▸ **Work order**: Copy out each line below in which the string "where" appears.

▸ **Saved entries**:
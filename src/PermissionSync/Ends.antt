-- ===== src/PermissionSync/Ends.antt =====
-- The ends of a delegated run and the documents' rows: a run that raises gives no evidence, and every
-- run keeps eligible documents in scope.
use knowledge_graph_mvp.Prelude.{
  Bool-cases, List, Option, Result, String, Text, err, inl, inr, list_eq, nat_eq, none, not, ok,
  refl, some, string_eq, subst, sym, ℕ, ◌==◌, ◌≡◌,
}
use knowledge_graph_mvp.GoogleGroups.{GroupMembership}
use knowledge_graph_mvp.Models.{
  Env, SourceDocument, DriveConnection, AclDb, PermissionSyncRun, get_connection, delegated_acl,
}
use knowledge_graph_mvp.SpiceDb.{SpiceDb}
use knowledge_graph_mvp.PermissionSync.{SyncException}
use knowledge_graph_mvp.PermissionSync.State.{SyncResult}
use knowledge_graph_mvp.PermissionSync.Scan.{DrivePermissionResource}
use knowledge_graph_mvp.PermissionSync.Run.{
  Reconciled, Ended, commit_verified_documents, fail_run, sync_desired, synchronize_permissions,
  save_run, save_refused, finish_run, sync_connection, sync_listed,
}
use knowledge_graph_mvp.PermissionSync.Committed.{commit-row}
use knowledge_graph_mvp.PermissionSync.Sound.{
  Keeps, AllSound, Keeps-refl, persist_complete_scan-Keeps, Keeps-trans,
}

abbrev rows : AclDb → List SourceDocument
rows db = db.tables.documents

-- The rows that a commit leaves.
abbrev committed : ℕ → ℕ → Text → SyncResult → AclDb → List SourceDocument
committed connection_id verified_at revision result db =
    ((commit_verified_documents connection_id revision verified_at result db).1).tables.documents

module _ {D : Type 0} (s : SpiceDb) (verified_at finished_at : ℕ) (meanwhile : AclDb → AclDb)
    (run : PermissionSyncRun) (R : List SourceDocument → List SourceDocument → Type 0)
    (kept : (a b : List SourceDocument) → Keeps a b → R a b)
    (trans : (a b c : List SourceDocument) → R a b → R b c → R a c)
    (other : (x : AclDb) → R x.tables.documents (meanwhile x).tables.documents) where
  -- A run that raises has changed the rows in the way of `R`; one that returns has committed besides.
  EndsIn : List SourceDocument → Ended D s.World → Type 0
  EndsIn before (err code, db, d, w) = R before db.tables.documents
  EndsIn before (ok r, db, d, w) =
      (middle : AclDb) × (revision : Text) × (result : SyncResult) × R before
        middle.tables.documents
      × (db.tables.documents ≡ committed run.connection verified_at revision result middle)

  finish_run-EndsIn :
      (before : List SourceDocument) (resources : List DrivePermissionResource)
      (result : SyncResult) (db : AclDb) (d : D) (p : Result SyncException Reconciled × s.World)
      → R before db.tables.documents
      → EndsIn before (finish_run s verified_at finished_at meanwhile run resources result db d p)
  unfolding EndsIn finish_run fail_run save_run
  finish_run-EndsIn before resources result db d (err e, w) r = trans before _ _ r (other db)
  finish_run-EndsIn before resources result db d (ok written, w) r =
      (meanwhile db, written.revision, result, trans before _ _ r (other db), refl)

  sync_desired-EndsIn :
      (before : List SourceDocument) (resources : List DrivePermissionResource) (db : AclDb)
      (w : s.World) (p : Result SyncException SyncResult × D)
      → R before db.tables.documents
      → EndsIn before (sync_desired s verified_at finished_at meanwhile run resources db w p)
  unfolding EndsIn sync_desired fail_run save_run
  sync_desired-EndsIn before resources db w (err e, d) r = r
  sync_desired-EndsIn before resources db w (ok result, d) r =
      finish_run-EndsIn before resources result db d _ r

  module _ (resolve : ℕ → List Text → D → Option (List (Text × GroupMembership)) × D) (env : Env)
      (marker now : ℕ) where
    sync_listed-EndsIn :
        (db : AclDb) (w : s.World) (p : Result String (List DrivePermissionResource) × D)
        → EndsIn db.tables.documents
            (sync_listed s verified_at finished_at meanwhile run resolve env marker now db w p)
    unfolding EndsIn sync_listed fail_run save_run
    sync_listed-EndsIn db w (err name, d) = kept _ _ (Keeps-refl _)
    sync_listed-EndsIn db w (ok resources, d) =
        sync_desired-EndsIn db.tables.documents resources _ w _
          (kept _ _ (persist_complete_scan-Keeps env run.connection marker now resources db))

    module _
        (list_resources : DriveConnection
          → D
          → Result String (List DrivePermissionResource) × D) where
      sync_connection-EndsIn :
          (o : Option DriveConnection) (db : AclDb) (d : D) (w : s.World)
          → EndsIn db.tables.documents (
              sync_connection s verified_at finished_at meanwhile run resolve env marker now
                list_resources o db d w)
      unfolding EndsIn sync_connection save_refused
      sync_connection-EndsIn none db d w = kept _ _ (Keeps-refl _)
      sync_connection-EndsIn (some connection) db d w =
          elim (Bool-cases (not (connection.permission_authority == delegated_acl))) [
            | inl e ↦
                rw e (kept db.tables.documents db.tables.documents (Keeps-refl db.tables.documents))
            | inr e ↦ rw e (sync_listed-EndsIn db w (list_resources connection d))
          ]

      synchronize_permissions-EndsIn :
          (db : AclDb) (d : D) (w : s.World)
          → EndsIn db.tables.documents (
              synchronize_permissions s verified_at finished_at meanwhile run resolve env marker now
                list_resources db d w)
      unfolding synchronize_permissions
      synchronize_permissions-EndsIn db d w =
          sync_connection-EndsIn (get_connection db.tables run.connection) db d w

-- A commit keeps eligible documents in scope.
committed_sound :
    (connection_id verified_at : ℕ) (revision : Text) (result : SyncResult) (db : AclDb)
    → AllSound db.tables.documents
    → AllSound (committed connection_id verified_at revision result db)
committed_sound connection_id verified_at revision result db sound d i h =
    elim ((commit-row connection_id revision verified_at result db d i h).1) [
      | inl v ↦ v.in_scope
      | inr j ↦ sound d j h
    ]

module _ {D : Type 0} (s : SpiceDb) (verified_at finished_at : ℕ) (meanwhile : AclDb → AclDb)
    (run : PermissionSyncRun)
    (resolve : ℕ → List Text → D → Option (List (Text × GroupMembership)) × D) (env : Env)
    (marker now : ℕ)
    (list_resources : DriveConnection → D → Result String (List DrivePermissionResource) × D) where
  abbrev synchronized : AclDb → D → s.World → Ended D s.World
  synchronized db d w =
      synchronize_permissions s verified_at finished_at meanwhile run resolve env marker now
        list_resources db d w

  -- A run that raises, at whatever step, has made no document eligible and has given none other
  -- evidence, as long as other processes do neither while SpiceDB is written.
  pub failed-Keeps :
      ((x : AclDb) → Keeps x.tables.documents (meanwhile x).tables.documents)
      → (db db' : AclDb) (d d' : D) (w w' : s.World) (code : String)
      → synchronized db d w ≡ (err code, db', d', w')
      → Keeps db.tables.documents db'.tables.documents
  unfolding EndsIn
  failed-Keeps other db db' d d' w w' code h =
      subst
        (EndsIn s verified_at finished_at meanwhile run Keeps (λ a b k. k) Keeps-trans other
          db.tables.documents)
        h
        (synchronize_permissions-EndsIn s verified_at finished_at meanwhile run Keeps (λ a b k. k)
          Keeps-trans other resolve env marker now list_resources db d w)

  -- However a run ends, an eligible document is in scope afterwards, if
  -- this held before and other processes keep it.
  pub synchronize_permissions-AllSound :
      ((x : AclDb) → AllSound x.tables.documents → AllSound (meanwhile x).tables.documents)
      → (db : AclDb) (d : D) (w : s.World) → AllSound db.tables.documents
      → AllSound ((synchronized db d w).1).tables.documents
  unfolding EndsIn
  synchronize_permissions-AllSound other db d w sound = at_end (synchronized db d w) (
      synchronize_permissions-EndsIn s verified_at finished_at meanwhile run
        (λ a b. AllSound a → AllSound b) (λ a b k. k.sound) (λ a b c f g x. g (f x)) other resolve
        env marker now list_resources db d w)
    where
      at_end :
          (e : Ended D s.World)
          → EndsIn s verified_at finished_at meanwhile run
              (λ a b. AllSound a → AllSound b)
              (λ a b k. k.sound)
              (λ a b c f g x. g (f x))
              other
              db.tables.documents
              e
          → AllSound (e.1).tables.documents
      at_end (err code, db', d', w') h = h sound
      at_end (ok r, db', d', w') h =
          let (middle, revision, result, k, p) = h in
          subst AllSound (sym p)
            (committed_sound run.connection verified_at revision result middle (k sound))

▸ **Solution to the exercise**:
    (other : (x : AclDb) → R x.tables.documents (meanwhile x).tables.documents) where
      (marker now : ℕ) where
          → Result String (List DrivePermissionResource) × D) where
    (list_resources : DriveConnection → D → Result String (List DrivePermissionResource) × D) where
    where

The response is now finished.